# error messages



## flotzie (Nov 30, 2006)

If I need a new HDD any suggestions and are they easy to fit. I've had a maxtor 160Gb (pro installed + CDR backup disk) from the guys in Ireland (Pace?) for about 6 years.

Plus can you use VOIP? to update the epg?


----------



## blindlemon (May 12, 2002)

What message are you seeing?


----------



## flotzie (Nov 30, 2006)

Critical message after attempting setup. Say's don't touch for 24hrs!!!!!!!


----------



## aerialplug (Oct 20, 2000)

GSOD (green screen of death). It means the TiVo has detected errors in its filesystem and is attempting to fix them. TiVo can usually fix this in far less than 24 hours - but if it persists there's a good chance your hard drive is no more.

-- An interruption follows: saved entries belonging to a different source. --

-- ===== src/Shm/Ring/Hostile.antt =====
-- The ring of ring.rs when the peer writes arbitrary control words.
use mathlib.Core.Path.{subst}
use Prim.Native.Nat.{bit_and}
use ratatosk.Prelude.{
  ℕ, zero, suc, ◌+◌, ◌≤◌, ◌<◌, ◌≡◌, refl, sym, ◌∙◌, List, [], ◌∷◌, lt→ltb, arith, dec_lt,
  ℕ_discrete, length, length-set,
}
use ratatosk.Shm.Ring.{
  wrapping_add, wrapping_sub, Checked, ok, corrupt, RingView, capacity, mask, Producer, Consumer,
  used, available, store_bytes, load_bytes, push, pop,
}
use ratatosk.Shm.Ring.Queue.{
  length-load_bytes, used_within, available_within, push_ok, pop_ok, push_branch, pop_branch,
  if_zero, if_pos,
}

-- What a call of the producer may do to a ring with any control words.
abbrev pub PushIsSafe : Producer → RingView → List ℕ → Checked ℕ × Producer × RingView → Type 0
PushIsSafe p v src (corrupt, p', v') =
    (capacity v < wrapping_sub p.tail v.head) × (p' ≡ p) × (v' ≡ v)
PushIsSafe p v src (ok n, p', v') =
    (wrapping_sub p.tail v.head + n ≤ capacity v)
    × (n ≤ length src)
    × (capacity v' ≡ capacity v)
    × (v'.head ≡ v.head)

abbrev pub PopIsSafe : Consumer → RingView → ℕ → Checked (List ℕ) × Consumer × RingView → Type 0
PopIsSafe c v room (corrupt, c', v') =
    (capacity v < wrapping_sub v.tail c.head) × (c' ≡ c) × (v' ≡ v)
PopIsSafe c v room (ok bytes, c', v') =
    (length bytes ≤ wrapping_sub v.tail c.head)
    × (length bytes ≤ capacity v)
    × (length bytes ≤ room)
    × (v'.bytes ≡ v.bytes)
    × (v'.tail ≡ v.tail)

length-store_bytes :
    (m t i n : ℕ) (src bytes : List ℕ) → length (store_bytes m t i n src bytes) ≡ length bytes
unfolding store_bytes
length-store_bytes m t i zero src bytes = refl
length-store_bytes m t i (suc n) [] bytes = refl
length-store_bytes m t i (suc n) (b ∷ src) bytes =
    length-store_bytes m t (i + 1) n src _ ∙ length-set bytes (bit_and (wrapping_add t i) m) b

push_corrupt :
    (p : Producer) (v : RingView) (src : List ℕ)
    → capacity v < wrapping_sub p.tail v.head
    → push p v src ≡ (corrupt, p, v)
unfolding push used store_bytes
push_corrupt p v src h = rw (lt→ltb (capacity v) (wrapping_sub p.tail v.head) h, push, used) refl

pop_corrupt :
    (c : Consumer) (v : RingView) (room : ℕ)
    → capacity v < wrapping_sub v.tail c.head
    → pop c v room ≡ (corrupt, c, v)
unfolding pop available load_bytes
pop_corrupt c v room h =
    rw (lt→ltb (capacity v) (wrapping_sub v.tail c.head) h, pop, available) refl

push_branch_safe :
    (p : Producer) (v : RingView) (src : List ℕ) (n : ℕ)
    → wrapping_sub p.tail v.head + n ≤ capacity v
    → n ≤ length src
    → PushIsSafe p v src (push_branch p v src n)
push_branch_safe p v src n fits le = elim (ℕ_discrete n 0) [
  | yes z ↦
      subst (PushIsSafe p v src) (sym (if_zero n _ _ z)) (omega arith, omega arith, refl, refl)
  | no nz ↦
      subst (PushIsSafe p v src) (sym (if_pos n _ _ nz))
        (fits, le, length-store_bytes (mask v) p.tail 0 n src v.bytes, refl)
]

pop_branch_safe :
    (c : Consumer) (v : RingView) (room n : ℕ)
    → n ≤ wrapping_sub v.tail c.head
    → n ≤ capacity v
    → n ≤ room
    → PopIsSafe c v room (pop_branch c v n)
pop_branch_safe c v room n a b d = elim (ℕ_discrete n 0) [
  | yes z ↦
      subst (PopIsSafe c v room) (sym (if_zero n _ _ z))
        (omega arith, omega arith, omega arith, refl, refl)
  | no nz ↦
      subst (PopIsSafe c v room) (sym (if_pos n _ _ nz))
        (omega (arith, len), omega (arith, len), omega (arith, len), refl, refl)
]
  where
    len : length (load_bytes (mask v) c.head 0 n v.bytes) ≡ n
    len = length-load_bytes (mask v) c.head 0 n v.bytes

-- Whatever the consumer stored, `push` either reports corruption, which is when the distance of the
-- indices is above the capacity, and changes nothing; or it takes no more than the free bytes and
-- leaves the storage's size and the consumer's index alone.
pub push-PushIsSafe :
    (p : Producer) (v : RingView) (src : List ℕ) → PushIsSafe p v src (push p v src)
push-PushIsSafe p v src = elim (dec_lt (capacity v) (wrapping_sub p.tail v.head)) [
  | yes h ↦ subst (PushIsSafe p v src) (sym (push_corrupt p v src h)) (h, refl, refl)
  | no h ↦
      subst (PushIsSafe p v src)
        (sym (push_ok p v src (wrapping_sub p.tail v.head) (used_within p v v.head (omega arith))))
        (push_branch_safe p v src _ (omega arith) (omega arith))
]

-- Whatever the producer stored, `pop` either reports corruption and changes nothing, or it gives no
-- more bytes than the indices claim, the storage holds and the caller has room for, and it changes
-- neither the storage nor the producer's index.
pub pop-PopIsSafe : (c : Consumer) (v : RingView) (room : ℕ) → PopIsSafe c v room (pop c v room)
pop-PopIsSafe c v room = elim (dec_lt (capacity v) (wrapping_sub v.tail c.head)) [
  | yes h ↦ subst (PopIsSafe c v room) (sym (pop_corrupt c v room h)) (h, refl, refl)
  | no h ↦
      subst (PopIsSafe c v room)
        (sym (
          pop_ok c v room (wrapping_sub v.tail c.head) (available_within c v v.tail (omega arith))))
        (pop_branch_safe c v room _ (omega arith) (omega arith) (omega arith))
]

I did create a gallery of all of these fixed internal screens, but I can't find where it's gone... It includes the splash screens on boot - and also some screens we'll (hopefully) never see on our TiVos including one that's displayed if TiVo thinks it's about to bust its guts by overheating!


----------



## shozoku (Oct 6, 2004)

Ive just had this with my tivo too pretty sure its the drive its been in there for about 2 years now started freezing earlier this week now wont boot.


----------



## flotzie (Nov 30, 2006)

aerialplug said:


> GSOD (green screen of death). It means the TiVo has detected errors in its filesystem and is attempting to fix them. TiVo can usually fix this in far less than 24 hours - but if it persists there's a good chance your hard drive is no more.
> 
> I did create a gallery of all of these fixed internal screens, but I can't find where it's gone... It includes the splash screens on boot - and also some screens we'll (hopefully) never see on our TiVos including one that's displayed if TiVo thinks it's about to bust its guts by overheating!


Arghhhhhhhhhh.................. wheelie bin bekons me thinks


----------



## blindlemon (May 12, 2002)

*Don't do that!*

99% of GSOD errors are caused by a failing hard drive and can therefore be fixed by replacing it. If you have any enthusiasm for messing with computers then a DIY replacement can be yours for the cost of a bare drive and a few hours effort; if not, then pre-configured plug-n-play replacements are widely available


----------



## flotzie (Nov 30, 2006)

It's working fine now bazaar! Maybe it's because it's been in it's box for the past year.


----------



## blindlemon (May 12, 2002)

Good news, but don't assume that's the end of it. 

Unfortunately, when a drive starts to fail it tends to only get worse, and even if a GSOD can correct the initial corruption there will usually come a time when it can't 

Time to start thinking about drive replacement options now I would suggest...


----------



## flotzie (Nov 30, 2006)

Many thanks, will do.


----------



## flotzie (Nov 30, 2006)

If I need a new HDD any suggestions and are they easy to fit. I've had a maxtor 160Gb (pro installed + CDR backup disk) from the guys in Ireland (Pace?) for about 6 years.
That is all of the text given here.